I have zero resistance to dogs. I adore them. Baiwan, the four-year-old social butterfly, does his best to greet everyone. It’s like he can sense your mood and emotional state. That kind of healing presence is really hard to put into words. Looking into his eyes, I even caught a glimpse of something wise — or maybe I’m just projecting, haha. High intelligence really does require social interaction to meet emotional needs, doesn’t it? Petting him was pure joy.

Honestly, it feels like Baiwan is the real owner of the place. The house blend is even named after him. I ordered their default No.1 bean, the “Baiwan Blend,” as a flat white to open up my palate. Clean, clear notes of nuts and chocolate. My only requirement for a café’s house beans is simple: as long as they’re clean, I’m happy. The finish had a lovely lingering sweetness. Delicious.

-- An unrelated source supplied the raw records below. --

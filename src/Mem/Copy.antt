-- ===== src/Mem/Copy.antt =====
-- memcpy between ranges that do not overlap.
use sifar_os.Common.{
  ℕ, zero, suc, ◌+◌, ◌-◌, ◌*◌, ◌/◌, ◌%◌, ◌≤◌, ◌≡◌, refl, arith, ◌==◌, if◌then◌else◌, Bool-cases,
  ◌⊎◌, inl, inr, get_or, set, length, length-set, get_or-set, ◌∙◌, ap,
}
use sifar_os.Mem.{Memory, copy_word, copy_words, memcpy}
use sifar_os.Mem.Laws.{within, get_or-copy_up}

-- The ranges of `n` bytes from `dst` and from `src` have no byte in common.
abbrev pub Apart : ℕ → ℕ → ℕ → Type 0
Apart dst src n = (dst + n ≤ src) ⊎ (src + n ≤ dst)

length-copy_word : (dst src : ℕ) (m : Memory) → length (copy_word dst src m) ≡ length m
unfolding copy_word
length-copy_word dst src m =
    let a = set m dst (get_or m src 0) in
    let b = set a (dst + 1) (get_or m (src + 1) 0) in
    let c = set b (dst + 2) (get_or m (src + 2) 0) in
    omega (
      arith,
      length-set {0} m dst (get_or m src 0),
      length-set {0} a (dst + 1) (get_or m (src + 1) 0),
      length-set {0} b (dst + 2) (get_or m (src + 2) 0),
      length-set {0} c (dst + 3) (get_or m (src + 3) 0),
    )

get_or-four :
    (m : Memory) (dst j a b c d : ℕ)
    → dst + 4 ≤ length m
    → get_or (set (set (set (set m dst a) (dst + 1) b) (dst + 2) c) (dst + 3) d) j 0 ≡ (
        if dst + 3 == j
        then d
        else if dst + 2 == j
        then c
        else if dst + 1 == j
        then b
        else if dst == j
        then a
        else get_or m j 0)
get_or-four m dst j a b c d h =
    let p = length-set {0} m dst a in
    let q = length-set {0} (set m dst a) (dst + 1) b in
    let r = length-set {0} (set (set m dst a) (dst + 1) b) (dst + 2) c in
    ground (
      arith,
      get_or-set (set (set (set m dst a) (dst + 1) b) (dst + 2) c) (dst + 3) j d 0 (omega arith),
      get_or-set (set (set m dst a) (dst + 1) b) (dst + 2) j c 0 (omega arith),
      get_or-set (set m dst a) (dst + 1) j b 0 (omega arith),
      get_or-set m dst j a 0 (omega arith),
    )

get_or-copy_word :
    (dst src : ℕ) (m : Memory) (j : ℕ)
    → dst + 4 ≤ length m
    → get_or (copy_word dst src m) j 0
      ≡ (if within j dst 4 then get_or m (src + (j - dst)) 0 else get_or m j 0)
unfolding copy_word
get_or-copy_word dst src m j h =
    get_or-four m dst j (get_or m src 0) (get_or m (src + 1) 0) (get_or m (src + 2) 0)
      (get_or m (src + 3) 0) h
    ∙ cases
  where
    at : (k : ℕ) → dst + k ≡ j → get_or m (src + k) 0 ≡ get_or m (src + (j - dst)) 0
    at k e = ap (λ x. get_or m x 0) (omega arith)

    cases :
        (if dst + 3 == j
          then get_or m (src + 3) 0
          else if dst + 2 == j
          then get_or m (src + 2) 0
          else if dst + 1 == j
          then get_or m (src + 1) 0
          else if dst == j
          then get_or m src 0
          else get_or m j 0)
        ≡ (if within j dst 4 then get_or m (src + (j - dst)) 0 else get_or m j 0)
    cases = elim (Bool-cases (within j dst 4)) [
      | inl inside ↦ ground (arith, at 0, at 1, at 2, at 3)
      | inr outside ↦ ground arith
    ]

get_or-copy_words :
    (n dst src : ℕ) (m : Memory) (j : ℕ)
    → dst + n * 4 ≤ length m
    → Apart dst src (n * 4)
    → (get_or (copy_words n dst src m) j 0
        ≡ (if within j dst (n * 4) then get_or m (src + (j - dst)) 0 else get_or m j 0))
      × (length (copy_words n dst src m) ≡ length m)
unfolding copy_words
get_or-copy_words zero dst src m j h o = (ground arith, refl)
get_or-copy_words (suc n) dst src m j h o =
    let l = length-copy_word dst src m in
    let (a, b) =
      get_or-copy_words n (dst + 4) (src + 4) (copy_word dst src m) j (omega (arith, l)) (next o) in
    let g : (k : ℕ)
        → get_or (copy_word dst src m) k 0
          ≡ (if within k dst 4 then get_or m (src + (k - dst)) 0 else get_or m k 0) =
      λ k. get_or-copy_word dst src m k (omega arith) in
    (
      elim (Bool-cases (within j (dst + 4) (n * 4))) [
        | inl later ↦
            let e : src + 4 + (j - (dst + 4)) ≡ src + (j - dst) = ground arith in
            ground (arith, a, e, g (src + (j - dst)), o)
        | inr other ↦ ground (arith, a, g j)
      ],
      omega (arith, b, l),
    )
  where
    next : Apart dst src (suc n * 4) → Apart (dst + 4) (src + 4) (n * 4)
    next (inl x) = inl (omega arith)
    next (inr x) = inr (omega arith)

-- memcpy between two ranges inside the memory that do not overlap leaves in the destination what the
-- source holds, and changes no other byte.
pub get_or-memcpy :
    (m : Memory) (dst src n j : ℕ)
    → dst + n ≤ length m
    → Apart dst src n
    → get_or (memcpy m dst src n) j 0
      ≡ (if within j dst n then get_or m (src + (j - dst)) 0 else get_or m j 0)
unfolding memcpy
get_or-memcpy m dst src n j h o =
    let w = copy_words (n / 4) dst src m in
    let d = dst + n / 4 * 4 in
    let s = src + n / 4 * 4 in
    let words : (k : ℕ)
        → (get_or w k 0
            ≡ (if within k dst (n / 4 * 4) then get_or m (src + (k - dst)) 0 else get_or m k 0))
          × (length w ≡ length m) =
      λ k. get_or-copy_words (n / 4) dst src m k (omega arith) (whole o) in
    let tail = get_or-copy_up (n % 4) d s w j (omega (arith, (words 0).1)) (rest o) in
    elim (Bool-cases (within j d (n % 4))) [
      | inl last ↦
          let e : s + (j - d) ≡ src + (j - dst) = ground arith in
          ground (arith, tail, e, (words (src + (j - dst))).0, o)
      | inr before ↦ ground (arith, tail, (words j).0)
    ]
  where
    whole : Apart dst src n → Apart dst src (n / 4 * 4)
    whole (inl x) = inl (omega arith)
    whole (inr x) = inr (omega arith)

    rest :
        Apart dst src n
        → (dst + n / 4 * 4 ≤ src + n / 4 * 4) ⊎ (src + n / 4 * 4 + n % 4 ≤ dst + n / 4 * 4)
    rest (inl x) = inl (omega arith)
    rest (inr x) = inr (omega arith)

I also ordered a Geisha blend as a hot Americano. It had been a long time since I last tasted something that truly screamed “Geisha.” The moment the cup reached my lips, I was already smiling. Even the wet aroma was bursting with floral and fruity notes — citrus, dried berries, and rose. I could almost pinpoint it to Damask rose, that distinct rose hydrosol vibe. A hint of fermentation layered on top gave it a subtle “rose pastry” impression. So good. And the price? Beautiful. After being surrounded by trendy, flashy, influencer-driven cafés in the city, finding a place where you can just sit quietly, drink good coffee, skip the gimmicks, and feel genuine sincerity — that’s incredibly precious.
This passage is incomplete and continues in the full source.